Michael Elowitz | AIChE

Michael Elowitz

Professor
California Institute of Technology and Howard Hughes Medical Institute

Michael Elowitz is a Professor of Biology and Biological Engineering; Investigator, Howard Hughes Medical Institute; Executive Officer for Biological Engineering. Michael Elowitz seeks to understand how core cellular capabilities such as communication, decision-making, and epigenetic memory are implemented by molecular circuits of interacting genes and proteins. The lab combines the engineering of synthetic circuits with mathematical modeling of natural circuits, and single cell dynamic analysis techniques. Projects aim to improve our ability to predictably control cellular behaviors, and provide a foundation for a new generation of cell-based biomedical devices.

Research

The lab uses these synthetic biology and single cell dynamic approaches to analyze or implement core cellular capabilities. Examples of recent work include the following:

  • To understand multicellular development programs, we have begun to reconstitute morphogen patterning outside of embryos. By generating and analyzing Sonic Hedgehog morphogen gradients in real time, for natural and re-wired variants of the Hedgehog signaling pathway, we showed how its unusual molecular architecture enables accurate multicellular patterning (see Li et al, Science 2018).
  • Why do communication pathways such as BMP and Notch use many promiscuously interacting ligands and receptors?
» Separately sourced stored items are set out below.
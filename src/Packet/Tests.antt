-- ===== src/Packet/Tests.antt =====
-- The frames of tests/PacketParserTest, decoded as that suite expects, and inputs for the theorems.
use timing_proxy.Packet.Ipv6.{is_extension_header}
use timing_proxy.Base.{
  ℕ, ◌≡◌, refl, List, [], ◌∷◌, ◌++◌, none, some, length, take, drop, Outcome, ok, throws, terminate,
  fault, out_of_fuel, Safe, arith,
}
use timing_proxy.Packet.Memory.{Memory, load16, load32, load_bytes, ntohs, ntohl}
use timing_proxy.Packet.Types.{
  Layer, ipv4, tcp, udp, Artefacts, Decoded, Reaches, Inet, get_payload, get_payload_size,
}
use timing_proxy.Packet.Memory.Holds.{Holds}
use timing_proxy.Packet.Wire.{
  EthernetHeader, IsEthernetHeader, Ipv4Header, IsIpv4Header, TcpHeader, IsTcpHeader, print_tcp,
}
use timing_proxy.Packet.Ethernet.Wire.{frame4, decode_packet-frame4_tcp}
use timing_proxy.Packet.Ethernet.Bounds.{IsHonestFrame, decode_packet-Safe}
use timing_proxy.Packet.Tcp
use timing_proxy.Packet.Udp
use timing_proxy.Packet.Ipv4
use timing_proxy.Packet.Ipv6
use timing_proxy.Packet.Ethernet
use timing_proxy.Packet.Ethernet.{decode_packet}

-- Stands for the C library: an address is shown by its own bytes.
abbrev pub raw_inet : Inet
raw_inet = record { ntop4 = λ bs. some bs; ntop6 = λ bs. some bs }

abbrev pub blank : Artefacts
blank = record {
  ip_type = ipv4;
  src_ip = [];
  dst_ip = [];
  payload_type = tcp;
  src_port = 0;
  dst_port = 0;
}

abbrev pub ethernet_ipv4_tcp : Memory
ethernet_ipv4_tcp =
    0x00 ∷ 0x90 ∷ 0x4c ∷ 0x0d ∷ 0xf4 ∷ 0x3e ∷ 0x44 ∷ 0x8a ∷ 0x5b ∷ 0x85 ∷ 0x0d ∷ 0x6e ∷ 0x08 ∷ 0x00
    ∷ 0x45 ∷ 0x00 ∷ 0x00 ∷ 0x50 ∷ 0x6c ∷ 0xfe ∷ 0x40 ∷ 0x00 ∷ 0x40 ∷ 0x06 ∷ 0xe7 ∷ 0xf0 ∷ 0xc0
    ∷ 0xa8 ∷ 0xb2 ∷ 0x2c ∷ 0xc0 ∷ 0xa8 ∷ 0xb2 ∷ 0x3b ∷ 0xc6 ∷ 0xc6 ∷ 0x05 ∷ 0x39 ∷ 0x24 ∷ 0x8a
    ∷ 0x21 ∷ 0x48 ∷ 0x8e ∷ 0x0c ∷ 0xf3 ∷ 0x9b ∷ 0x80 ∷ 0x18 ∷ 0x00 ∷ 0xe5 ∷ 0xb8 ∷ 0xa2 ∷ 0x00
    ∷ 0x00 ∷ 0x01 ∷ 0x01 ∷ 0x08 ∷ 0x0a ∷ 0x1a ∷ 0x60 ∷ 0x74 ∷ 0x1a ∷ 0xd8 ∷ 0xd3 ∷ 0x28 ∷ 0x65
    ∷ 0x4a ∷ 0x75 ∷ 0x73 ∷ 0x74 ∷ 0x20 ∷ 0x74 ∷ 0x65 ∷ 0x73 ∷ 0x74 ∷ 0x69 ∷ 0x6e ∷ 0x67 ∷ 0x20
    ∷ 0x74 ∷ 0x63 ∷ 0x70 ∷ 0x20 ∷ 0x6f ∷ 0x76 ∷ 0x65 ∷ 0x72 ∷ 0x20 ∷ 0x69 ∷ 0x70 ∷ 0x76 ∷ 0x34
    ∷ 0x21 ∷ 0x0a ∷ []

abbrev pub ethernet_ipv6_tcp : Memory
ethernet_ipv6_tcp =
    0x00 ∷ 0x00 ∷ 0x00 ∷ 0x00 ∷ 0x00 ∷ 0x00 ∷ 0x00 ∷ 0x00 ∷ 0x00 ∷ 0x00 ∷ 0x00 ∷ 0x00 ∷ 0x86 ∷ 0xdd
    ∷ 0x60 ∷ 0x04 ∷ 0xb1 ∷ 0xa0 ∷ 0x00 ∷ 0x3c ∷ 0x06 ∷ 0x40 ∷ 0x00 ∷ 0x00 ∷ 0x00 ∷ 0x00 ∷ 0x00
    ∷ 0x00 ∷ 0x00 ∷ 0x00 ∷ 0x00 ∷ 0x00 ∷ 0x00 ∷ 0x00 ∷ 0x00 ∷ 0x00 ∷ 0x00 ∷ 0x01 ∷ 0x00 ∷ 0x00
    ∷ 0x00 ∷ 0x00 ∷ 0x00 ∷ 0x00 ∷ 0x00 ∷ 0x00 ∷ 0x00 ∷ 0x00 ∷ 0x00 ∷ 0x00 ∷ 0x00 ∷ 0x00 ∷ 0x00
    ∷ 0x01 ∷ 0xa9 ∷ 0x28 ∷ 0x05 ∷ 0x39 ∷ 0xa8 ∷ 0x3c ∷ 0x83 ∷ 0x9d ∷ 0xe2 ∷ 0x96 ∷ 0xcb ∷ 0x63
    ∷ 0x80 ∷ 0x18 ∷ 0x01 ∷ 0x56 ∷ 0x00 ∷ 0x44 ∷ 0x00 ∷ 0x00 ∷ 0x01 ∷ 0x01 ∷ 0x08 ∷ 0x0a ∷ 0x9d
    ∷ 0x4d ∷ 0xf9 ∷ 0x64 ∷ 0x9d ∷ 0x4d ∷ 0xe9 ∷ 0xa3 ∷ 0x4a ∷ 0x75 ∷ 0x73 ∷ 0x74 ∷ 0x20 ∷ 0x74
    ∷ 0x65 ∷ 0x73 ∷ 0x74 ∷ 0x69 ∷ 0x6e ∷ 0x67 ∷ 0x20 ∷ 0x74 ∷ 0x63 ∷ 0x70 ∷ 0x20 ∷ 0x6f ∷ 0x76
    ∷ 0x65 ∷ 0x72 ∷ 0x20 ∷ 0x69 ∷ 0x70 ∷ 0x76 ∷ 0x36 ∷ 0x21 ∷ 0x0a ∷ []

abbrev pub ethernet_ipv4_udp : Memory
ethernet_ipv4_udp =
    0x00 ∷ 0x00 ∷ 0x00 ∷ 0x00 ∷ 0x00 ∷ 0x00 ∷ 0x00 ∷ 0x00 ∷ 0x00 ∷ 0x00 ∷ 0x00 ∷ 0x00 ∷ 0x08 ∷ 0x00
    ∷ 0x45 ∷ 0x00 ∷ 0x00 ∷ 0x38 ∷ 0xa8 ∷ 0xb1 ∷ 0x40 ∷ 0x00 ∷ 0x40 ∷ 0x11 ∷ 0x94 ∷ 0x01 ∷ 0x7f
    ∷ 0x00 ∷ 0x00 ∷ 0x01 ∷ 0x7f ∷ 0x00 ∷ 0x00 ∷ 0x01 ∷ 0x92 ∷ 0xbe ∷ 0x05 ∷ 0x39 ∷ 0x00 ∷ 0x24
    ∷ 0xfe ∷ 0x37 ∷ 0x4a ∷ 0x75 ∷ 0x73 ∷ 0x74 ∷ 0x20 ∷ 0x74 ∷ 0x65 ∷ 0x73 ∷ 0x74 ∷ 0x69 ∷ 0x6e
    ∷ 0x67 ∷ 0x20 ∷ 0x75 ∷ 0x64 ∷ 0x70 ∷ 0x20 ∷ 0x6f ∷ 0x76 ∷ 0x65 ∷ 0x72 ∷ 0x20 ∷ 0x69 ∷ 0x70
    ∷ 0x76 ∷ 0x34 ∷ 0x21 ∷ 0x0a ∷ []

abbrev pub ethernet_ipv6_udp : Memory
ethernet_ipv6_udp =
    0x00 ∷ 0x00 ∷ 0x00 ∷ 0x00 ∷ 0x00 ∷ 0x00 ∷ 0x00 ∷ 0x00 ∷ 0x00 ∷ 0x00 ∷ 0x00 ∷ 0x00 ∷ 0x86 ∷ 0xdd
    ∷ 0x60 ∷ 0x0b ∷ 0x2a ∷ 0x74 ∷ 0x00 ∷ 0x24 ∷ 0x11 ∷ 0x40 ∷ 0x00 ∷ 0x00 ∷ 0x00 ∷ 0x00 ∷ 0x00
    ∷ 0x00 ∷ 0x00 ∷ 0x00 ∷ 0x00 ∷ 0x00 ∷ 0x00 ∷ 0x00 ∷ 0x00 ∷ 0x00 ∷ 0x00 ∷ 0x01 ∷ 0x00 ∷ 0x00
    ∷ 0x00 ∷ 0x00 ∷ 0x00 ∷ 0x00 ∷ 0x00 ∷ 0x00 ∷ 0x00 ∷ 0x00 ∷ 0x00 ∷ 0x00 ∷ 0x00 ∷ 0x00 ∷ 0x00
    ∷ 0x01 ∷ 0xe2 ∷ 0x84 ∷ 0x05 ∷ 0x39 ∷ 0x00 ∷ 0x24 ∷ 0x00 ∷ 0x37 ∷ 0x4a ∷ 0x75 ∷ 0x73 ∷ 0x74
    ∷ 0x20 ∷ 0x74 ∷ 0x65 ∷ 0x73 ∷ 0x74 ∷ 0x69 ∷ 0x6e ∷ 0x67 ∷ 0x20 ∷ 0x75 ∷ 0x64 ∷ 0x70 ∷ 0x20
    ∷ 0x6f ∷ 0x76 ∷ 0x65 ∷ 0x72 ∷ 0x20 ∷ 0x69 ∷ 0x70 ∷ 0x76 ∷ 0x36 ∷ 0x21 ∷ 0x0a ∷ []

abbrev pub payload_of : Memory → Outcome Decoded → List ℕ
payload_of m (ok d) = elim d.payload [ none ↦ [] | some p ↦ take d.payload_size (drop p m) ]
payload_of m (throws e) = []
payload_of m terminate = []
payload_of m fault = []
payload_of m out_of_fuel = []

-- The payload that decoding a frame up to a layer finds.
pub payload_at : Layer → Memory → List ℕ
unfolding decode_packet Ethernet.decode_until Ethernet.parse_header Ipv4.decode_until
    Ipv4.parse_header Ipv6.decode_until Ipv6.parse_header Ipv6.extension_headers Ipv6.skip_header
    Ipv6.is_extension_header Tcp.decode_until Tcp.parse_header Tcp.get_src_port Tcp.get_dst_port
    Udp.decode_until Udp.parse_header Udp.get_src_port Udp.get_dst_port load16 load32 load_bytes
    ntohs ntohl get_payload get_payload_size
payload_at layer m = payload_of m (decode_packet raw_inet layer m (some 0) (length m) blank)

ethernet_ipv4_tcp_decodes :
    payload_at tcp ethernet_ipv4_tcp
    ≡ 0x4a ∷ 0x75 ∷ 0x73 ∷ 0x74 ∷ 0x20 ∷ 0x74 ∷ 0x65 ∷ 0x73 ∷ 0x74 ∷ 0x69 ∷ 0x6e ∷ 0x67 ∷ 0x20
      ∷ 0x74 ∷ 0x63 ∷ 0x70 ∷ 0x20 ∷ 0x6f ∷ 0x76 ∷ 0x65 ∷ 0x72 ∷ 0x20 ∷ 0x69 ∷ 0x70 ∷ 0x76 ∷ 0x34
      ∷ 0x21 ∷ 0x0a ∷ []
unfolding payload_at
ethernet_ipv4_tcp_decodes = refl

ethernet_ipv6_tcp_decodes :
    payload_at tcp ethernet_ipv6_tcp
    ≡ 0x4a ∷ 0x75 ∷ 0x73 ∷ 0x74 ∷ 0x20 ∷ 0x74 ∷ 0x65 ∷ 0x73 ∷ 0x74 ∷ 0x69 ∷ 0x6e ∷ 0x67 ∷ 0x20
      ∷ 0x74 ∷ 0x63 ∷ 0x70 ∷ 0x20 ∷ 0x6f ∷ 0x76 ∷ 0x65 ∷ 0x72 ∷ 0x20 ∷ 0x69 ∷ 0x70 ∷ 0x76 ∷ 0x36
      ∷ 0x21 ∷ 0x0a ∷ []
unfolding payload_at
ethernet_ipv6_tcp_decodes = refl

ethernet_ipv4_udp_decodes :
    payload_at udp ethernet_ipv4_udp
    ≡ 0x4a ∷ 0x75 ∷ 0x73 ∷ 0x74 ∷ 0x20 ∷ 0x74 ∷ 0x65 ∷ 0x73 ∷ 0x74 ∷ 0x69 ∷ 0x6e ∷ 0x67 ∷ 0x20
      ∷ 0x75 ∷ 0x64 ∷ 0x70 ∷ 0x20 ∷ 0x6f ∷ 0x76 ∷ 0x65 ∷ 0x72 ∷ 0x20 ∷ 0x69 ∷ 0x70 ∷ 0x76 ∷ 0x34
      ∷ 0x21 ∷ 0x0a ∷ []
unfolding payload_at
ethernet_ipv4_udp_decodes = refl

ethernet_ipv6_udp_decodes :
    payload_at udp ethernet_ipv6_udp
    ≡ 0x4a ∷ 0x75 ∷ 0x73 ∷ 0x74 ∷ 0x20 ∷ 0x74 ∷ 0x65 ∷ 0x73 ∷ 0x74 ∷ 0x69 ∷ 0x6e ∷ 0x67 ∷ 0x20
      ∷ 0x75 ∷ 0x64 ∷ 0x70 ∷ 0x20 ∷ 0x6f ∷ 0x76 ∷ 0x65 ∷ 0x72 ∷ 0x20 ∷ 0x69 ∷ 0x70 ∷ 0x76 ∷ 0x36
      ∷ 0x21 ∷ 0x0a ∷ []
unfolding payload_at
ethernet_ipv6_udp_decodes = refl

-- The headers of the first frame, as values.
abbrev pub test_ethernet : EthernetHeader
test_ethernet = record {
  dhost = 0x00 ∷ 0x90 ∷ 0x4c ∷ 0x0d ∷ 0xf4 ∷ 0x3e ∷ [];
  shost = 0x44 ∷ 0x8a ∷ 0x5b ∷ 0x85 ∷ 0x0d ∷ 0x6e ∷ [];
  type = 0x0800;
}

abbrev pub test_ipv4 : Ipv4Header
test_ipv4 = record {
  ihl = 5;
  tos = 0;
  total_length = 0x50;
  identification = 0x6cfe;
  fragment = 0x4000;
  ttl = 0x40;
  protocol = 6;
  checksum = 0xe7f0;
  src = record { a = 192; b = 168; c = 178; d = 44 };
  dst = record { a = 192; b = 168; c = 178; d = 59 };
  options = [];
}

abbrev pub test_tcp : TcpHeader
test_tcp = record {
  sport = 0xc6c6;
  dport = 0x0539;
  seq = 0x248a2148;
  ack = 0x8e0cf39b;
  offset = 8;
  reserved = 0;
  flags = 0x18;
  window = 0x00e5;
  checksum = 0xb8a2;
  urgent = 0;
  options = 0x01 ∷ 0x01 ∷ 0x08 ∷ 0x0a ∷ 0x1a ∷ 0x60 ∷ 0x74 ∷ 0x1a ∷ 0xd8 ∷ 0xd3 ∷ 0x28 ∷ 0x65 ∷ [];
}

abbrev pub test_payload : List ℕ
test_payload =
    0x4a ∷ 0x75 ∷ 0x73 ∷ 0x74 ∷ 0x20 ∷ 0x74 ∷ 0x65 ∷ 0x73 ∷ 0x74 ∷ 0x69 ∷ 0x6e ∷ 0x67 ∷ 0x20 ∷ 0x74
    ∷ 0x63 ∷ 0x70 ∷ 0x20 ∷ 0x6f ∷ 0x76 ∷ 0x65 ∷ 0x72 ∷ 0x20 ∷ 0x69 ∷ 0x70 ∷ 0x76 ∷ 0x34 ∷ 0x21
    ∷ 0x0a ∷ []

pub test_IsEthernetHeader : IsEthernetHeader test_ethernet
test_IsEthernetHeader = record { dhost = refl; shost = refl; type = omega arith }

pub test_IsIpv4Header : IsIpv4Header test_ipv4
test_IsIpv4Header = record { ihl = omega arith; total_length = omega arith; words = refl }

pub test_IsTcpHeader : IsTcpHeader test_tcp
test_IsTcpHeader = record {
  sport = omega arith;
  dport = omega arith;
  seq = omega arith;
  ack = omega arith;
  offset = omega arith;
  reserved = omega arith;
  words = refl;
}

frame4-test :
    frame4 test_ethernet test_ipv4 (print_tcp test_tcp ++ test_payload) [] ≡ ethernet_ipv4_tcp
frame4-test = refl

decode_packet-frame4_tcp_example :
    (decode_packet raw_inet tcp ethernet_ipv4_tcp (some 0) 94 blank
      ≡ ok (record {
        payload = some 66;
        payload_size = 28;
        artefacts = record blank {
          ip_type = ipv4;
          src_ip = 192 ∷ 168 ∷ 178 ∷ 44 ∷ [];
          dst_ip = 192 ∷ 168 ∷ 178 ∷ 59 ∷ [];
          payload_type = tcp;
          src_port = 0xc6c6;
          dst_port = 0x0539;
        };
      }))
    × Holds ethernet_ipv4_tcp 66 test_payload
decode_packet-frame4_tcp_example =
    decode_packet-frame4_tcp raw_inet test_ethernet test_ipv4 test_tcp test_payload []
      (192 ∷ 168 ∷ 178 ∷ 44 ∷ []) (192 ∷ 168 ∷ 178 ∷ 59 ∷ []) blank test_IsEthernetHeader
      test_IsIpv4Header test_IsTcpHeader refl refl refl (omega arith) refl refl

test_IsHonestFrame : IsHonestFrame ethernet_ipv4_tcp 94
unfolding load16 ntohs
test_IsHonestFrame word e t vhl len v l = ground arith

decode_packet-Safe_example :
    Safe (Reaches udp 94) (decode_packet raw_inet udp ethernet_ipv4_tcp (some 0) 94 blank)
decode_packet-Safe_example =
    decode_packet-Safe raw_inet ethernet_ipv4_tcp 94 (omega arith) (omega arith) udp blank
      test_IsHonestFrame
Our recent work shows how these systems provide unanticipated types of specificity, enabling cells to address messages to specific cell types or convey multiple distinct messages to other cells (Antebi et al, Cell 2017; Nandagopal et al, Cell 2018).
  • We engineer synthetic “MEMOIR” systems that can record cell histories in the genome in a format that can be reconstructed by in situ end-point analysis (Frieda et al, Nature 2017).
  • We developed a bottom-up system for analyzing the dynamic effects of different epigenetic regulators at the single-cell level. This work revealed how probabilistic all-or-none silencing and reactivation events enable chromatin regulators to modulate the fraction of cells silenced and provide a framework for understanding and engineering mammalian chromatin regulation and epigenetic memory. (Bintu et al, Science 2016).